How much fiber do we need?

While we should be eating 25-30 grams of fiber per day, adults in the United States are only getting about 15 grams a day - half of what we need, according to UCSF Medical Center.

There are two types of fiber: soluble fiber which comes from fruits, vegetables, legumes, barley, oats and oat bran, and insoluble fiber that can be found in fruits with edible peels or seeds, vegetables, whole grain products, buckwheat and brown rice.
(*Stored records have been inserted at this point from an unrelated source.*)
-- ===== src/Deployment/Service/Examples.antt =====
-- A reconciliation that applies one unit, and a teardown that is refused the deletion of Services.
use environments.Common.{ℕ, String, ◌≡◌, refl, none, some, Bool, true, All}
use environments.Intent.{
  DeploymentIntent, build, unit_intents, resolve_service_unit_intent, new_deployment_intent,
}
use environments.Intent.Laws.{IsPlanOf}
use environments.Deployment.Provider.{apply_service_unit, is_deployment_ready}
use environments.Deployment.Strategy.{
  DeploymentResult, execute_runtime, execute_k8s, execute_rolling, apply_units,
  derive_deployment_phase, failure,
}
use environments.Deployment.Executor.{Kustomizer, execute}
use environments.Samples.{
  types, client, text, name_of, namespace_of, units, resolved, exists, refusing_client, deletes,
}
use environments.Deployment.Service.{WriteResult, run_intent, reconcile, teardown_deployment}
use environments.Deployment.Service.Teardown.{Settled, teardown_deployment-Settled}
use environments.Deployment.Service.Laws.{IsReconciled, reconcile-IsReconciled}

abbrev kustomizer : Kustomizer ℕ String ℕ
kustomizer = record {
  reconcile_kustomization = λ o intent url ref path w. (none, w);
  teardown_flux_resources = λ o w. (none, w);
}

abbrev write_result : WriteResult ℕ String
write_result o result error w = (none, w)

reconcile_test :
    (reconcile types name_of namespace_of client text kustomizer write_result
      (some resolved)
      units
      0).0
    ≡ none
unfolding reconcile run_intent build unit_intents resolve_service_unit_intent new_deployment_intent
    execute execute_runtime execute_k8s execute_rolling apply_units apply_service_unit
    is_deployment_ready derive_deployment_phase failure
reconcile_test = refl

reconcile-IsReconciled_example :
    (i : DeploymentIntent ℕ) × IsPlanOf types name_of namespace_of resolved units i
    × ((r : DeploymentResult) × IsReconciled types name_of namespace_of client text kustomizer
          write_result "shop" 0 i r)
reconcile-IsReconciled_example =
    reconcile-IsReconciled types name_of namespace_of client text kustomizer write_result resolved
      units 0 reconcile_test

abbrev no_flux : Kustomizer Bool String ℕ
no_flux = record {
  reconcile_kustomization = λ o intent url ref path w. (none, w);
  teardown_flux_resources = λ o w. (none, w);
}

teardown_deployment-Settled_example :
    All
      (Settled name_of namespace_of refusing_client text no_flux exists deletes "apps" (
        teardown_deployment name_of namespace_of refusing_client text no_flux 0
          (some resolved)
          true))
      resolved.spec.service_units
teardown_deployment-Settled_example =
    teardown_deployment-Settled name_of namespace_of refusing_client text no_flux exists deletes 0
      resolved true refl refl
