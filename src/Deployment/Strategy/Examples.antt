-- ===== src/Deployment/Strategy/Examples.antt =====
-- One unit that is applied, and the phases of mixed rollouts.
use environments.Common.{String, ◌≡◌, refl, ◌≢◌, ◌↔◌, List, [], ◌∷◌, ok}
use environments.Deployment.Provider.{ServiceUnitResult, apply_service_unit, is_deployment_ready}
use environments.Samples.{client, text, intent}
use environments.Deployment.Strategy.{
  DeploymentResult, derive_deployment_phase, execute_rolling, execute_k8s, execute_runtime,
  apply_units,
}
use environments.Deployment.Strategy.Laws.{
  AnyFailed, AllReady, IsExecuted, execute_runtime-IsExecuted, derive_deployment_phase_lem,
}

abbrev result_of : String → ServiceUnitResult
result_of phase = record {
  name = "app";
  phase = phase;
  image = "registry/app:1";
  runtime = "kubernetes.io/container-runtime";
  message = "";
  error = "";
}

abbrev mixed : List ServiceUnitResult
mixed = result_of "Ready" ∷ result_of "Failed" ∷ result_of "Deploying" ∷ []

derive_deployment_phase_lem_example :
    ((derive_deployment_phase mixed ≡ "Pending") ↔ (mixed ≡ []))
    × ((derive_deployment_phase mixed ≡ "Failed") ↔ AnyFailed mixed)
    × ((derive_deployment_phase mixed ≡ "Ready") ↔ ((mixed ≢ []) × AllReady mixed))
derive_deployment_phase_lem_example = derive_deployment_phase_lem mixed

abbrev deployed : DeploymentResult
deployed = record {
  phase = "Ready";
  message = "";
  runtime = "kubernetes.io/container-runtime";
  strategy = "Rolling";
  service_units = result_of "Ready" ∷ [];
}

execute_runtime_test : (execute_runtime client text intent 0).0 ≡ ok deployed
unfolding execute_runtime execute_k8s execute_rolling apply_units apply_service_unit
    is_deployment_ready derive_deployment_phase
execute_runtime_test = refl

execute_runtime-IsExecuted_example :
    IsExecuted client text intent 0 deployed (execute_runtime client text intent 0).1
execute_runtime-IsExecuted_example =
    execute_runtime-IsExecuted client text intent 0 deployed execute_runtime_test
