-- ===== src/Server/MtContext/System.antt =====
-- The scheduler, its task in the Tokio runtime and its mailbox (server/src/mt_context.rs), in steps
-- that interleave.
pub mod Guards
use shamichan.Prelude.{
  List, [], ◌∷◌, ◌++◌, Option, none, some, Bool, true, false, if◌then◌else◌, ◌||◌,
}
use shamichan.Server.MtContext.{
  ActorState, Scheduler, Done, Action, Running, set_stopping_state, queue_message, handle_done,
  on_stopping, is_empty,
}
use shamichan.Server.MtContext

-- What a task has left of its batch, and whether its context stopped itself.
pub record Task {ℓ} (M : Type ℓ) : Type ℓ where
  pub rest : List M
  pub stopped_self : Bool
  -- the loop was left before its end
  pub leaves : Bool

-- `locked` lasts until the task is dropped, which is behind the sending of `Done`.
pub record System {ℓ} (M : Type ℓ) : Type ℓ where
  pub scheduler : Scheduler M
  pub locked : Bool
  pub task : Option (Task M)
  pub mailbox : List (Done M)
  pub handled : List M
  pub terminated : Bool

-- How the actor leaves the handling of a message.
pub data Outcome : Type 0 where
  goes_on stops terminates : Outcome

pub data Event {ℓ} (M : Type ℓ) : Type ℓ where
  -- a message to the scheduler
  queues : M → Event M
  -- the task handles the next message of its batch
  handles : Outcome → Event M
  -- the task sends `Done`
  finishes : Event M
  -- the task drops the lock
  releases : Event M
  -- the scheduler handles the oldest `Done`
  receives : Event M
  -- actix calls `stopping`
  asks : Running → Event M

-- `MTContext::stop` and `MTContext::terminate`
abbrev pub new_state : Outcome → ActorState → ActorState
new_state Outcome.goes_on s = s
new_state Outcome.stops s = set_stopping_state s ActorState.stopping
new_state Outcome.terminates s = set_stopping_state s ActorState.stopped

abbrev pub stops_self : Outcome → Bool
stops_self Outcome.goes_on = false
stops_self Outcome.stops = true
stops_self Outcome.terminates = true

abbrev pub is_stopping : ActorState → Bool
is_stopping ActorState.stopping = true
is_stopping ActorState.stopped = true
is_stopping _ = false

abbrev pub ends : Running → Bool
ends Running.continue_running = false
ends Running.stop_running = true

module _ {ℓ} {M : Type ℓ} where
  -- A scheduler that runs, with nothing to do.
  unfoldable pub start : System M
  unfolding MtContext.new MtContext.on_started
  start = record {
    scheduler = MtContext.on_started MtContext.new;
    locked = false;
    task = none;
    mailbox = [];
    handled = [];
    terminated = false;
  }

  abbrev pub act : Action M → System M → System M
  act (Action.spawn batch) x = record x {
    locked = true;
    task = some (record { rest = batch; stopped_self = false; leaves = false });
  }
  act Action.stop x = x
  act Action.terminate x = record x { terminated = true }
  act (Action.notify d) x = record x { mailbox = x.mailbox ++ d ∷ [] }

  abbrev pub act_all : List (Action M) → System M → System M
  act_all [] x = x
  act_all (a ∷ as') x = act_all as' (act a x)

  abbrev pub scheduled : System M → Scheduler M × List (Action M) → System M
  scheduled x (s, actions) = act_all actions (record x { scheduler = s })

  abbrev pub receive : System M → List (Done M) → Option (System M)
  receive x [] = none
  receive x (d ∷ ds) =
      some (scheduled (record x { mailbox = ds }) (handle_done x.locked x.scheduler d))

  -- One round of the task's loop: behind a message at which the actor stops, the loop is left.
  abbrev pub round : System M → Outcome → Task M → List M → Option (System M)
  round x o t [] = none
  round x o t (m ∷ rest) =
      if t.leaves
      then none
      else let state = new_state o x.scheduler.state in
        some (record x {
          scheduler = record x.scheduler { state = state };
          task = some (record {
            rest = rest;
            stopped_self = stops_self o;
            leaves = stops_self o || is_stopping state;
          });
          handled = x.handled ++ m ∷ [];
        })

  abbrev pub handle : System M → Outcome → Option (Task M) → Option (System M)
  handle x o none = none
  handle x o (some t) = round x o t t.rest

  -- `scheduler.do_send(Done { .. })`
  abbrev pub finish : System M → Option (Task M) → Option (System M)
  finish x none = none
  finish x (some t) =
      if t.leaves || is_empty t.rest
      then some (record x {
        task = none;
        mailbox = x.mailbox ++ record { unprocessed = t.rest; stopped_self = t.stopped_self } ∷ [];
      })
      else none

  -- The lock is dropped with the task, and only then.
  abbrev pub release : System M → Option (Task M) → Option (System M)
  release x none = if x.locked then some (record x { task = none; locked = false }) else none
  release x (some t) = none

  -- What an event makes of a system, none where it cannot happen.
  unfoldable pub step : Event M → System M → Option (System M)
  unfolding queue_message handle_done on_stopping
  step (Event.queues m) x =
      if x.terminated then none else some (scheduled x (queue_message x.locked x.scheduler m))
  step (Event.handles o) x = handle x o x.task
  step Event.finishes x = finish x x.task
  step Event.releases x = release x x.task
  step Event.receives x = if x.terminated then none else receive x x.mailbox
  step (Event.asks answer) x =
      if x.terminated
      then none
      else let (s, result) = on_stopping x.locked answer x.scheduler in
        some (record x { scheduler = s; terminated = ends result })

  abbrev pub and_then : Option (System M) → (System M → Option (System M)) → Option (System M)
  and_then none f = none
  and_then (some x) f = f x

  unfoldable pub run : List (Event M) → System M → Option (System M)
  run [] x = some x
  run (e ∷ es) x = and_then (step e x) (run es)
How does fiber help our bodies?

In a recent study, researchers found that mice that were fed a high-fiber diet had reduced peanut allergies compared with the mice who were fed a regular diet with average calories, sugar, and fiber intake. "The researchers show that gut bacteria release a specific fatty acid in response to fiber intake, which eventually impacts allergic responses via changes to the immune system," according to Science Daily.

Additionally, those with high-fiber diets have lower body mass index and helps us lose weight and body fat, as reported by The Atlantic. It also noted that more fiber in diets reduces breast cancer, inflammation, hypertension, diabetes, depression and dementia.

Pass the fiber, please

Not quite convinced you should eat more fiber, or worried this means a drastic change? Well, you don't need to worry about that. "But you don't have to stop eating anything you do like: People lose about as much weight just by eating a lot of fiber as they do on complicated diets, even if they eat slightly more calories in the process," stated The Atlantic.
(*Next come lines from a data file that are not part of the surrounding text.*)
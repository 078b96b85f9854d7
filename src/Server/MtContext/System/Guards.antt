-- ===== src/Server/MtContext/System/Guards.antt =====
-- An event that happens has passed its guard (the steps of the system of server/src/mt_context.rs).
use shamichan.Prelude.{◌≡◌, refl, Option, none, some, Bool, true, false, if◌then◌else◌, arith}
use shamichan.Server.MtContext.System.{System}

module _ {ℓ} {M : Type ℓ} where
  -- What a guard lets through.
  pub guarded : (b : Bool) (z y : System M) → (if b then none else some z) ≡ some y → z ≡ y
  guarded true z y e = absurd (ground arith)
  guarded false z y e = cc

  pub admitted : (b : Bool) (z y : System M) → (if b then some z else none) ≡ some y → z ≡ y
  admitted true z y e = cc
  admitted false z y e = absurd (ground arith)

  pub admits : (b : Bool) (z y : System M) → (if b then some z else none) ≡ some y → b ≡ true
  admits true z y e = refl
  admits false z y e = absurd (ground arith)

  pub unguarded :
      (b : Bool) (o : Option (System M)) (y : System M)
      → (if b then none else o) ≡ some y
      → o ≡ some y
  unguarded true o y e = absurd (ground arith)
  unguarded false o y e = e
Yes, that's right. You may actually be able to eat MORE food if it's high in fiber than you would in regular weight-loss diets. That sounds like a complete win.

Try eating more of these

  • whole grain bread

  • oatmeal

  • apples

  • oranges

  • pears

  • blueberries

  • strawberries

  • squash

  • sweet potatoes

  • cauliflower

  • raisins

  • beans (kidney, garbanzo, black, etc.)

  • whole wheat crackers

  • brown rice

  • cereal with at least five grams of fiber per serving

Adding more fiber to your diet is not only easy, it's beneficial to your health and long-term well-being. The best part is, you don't have to cut things out of your diet that you enjoy, you just need to add more of the high-fiber foods you already like. It's such a simple change that will make you look and feel so much better.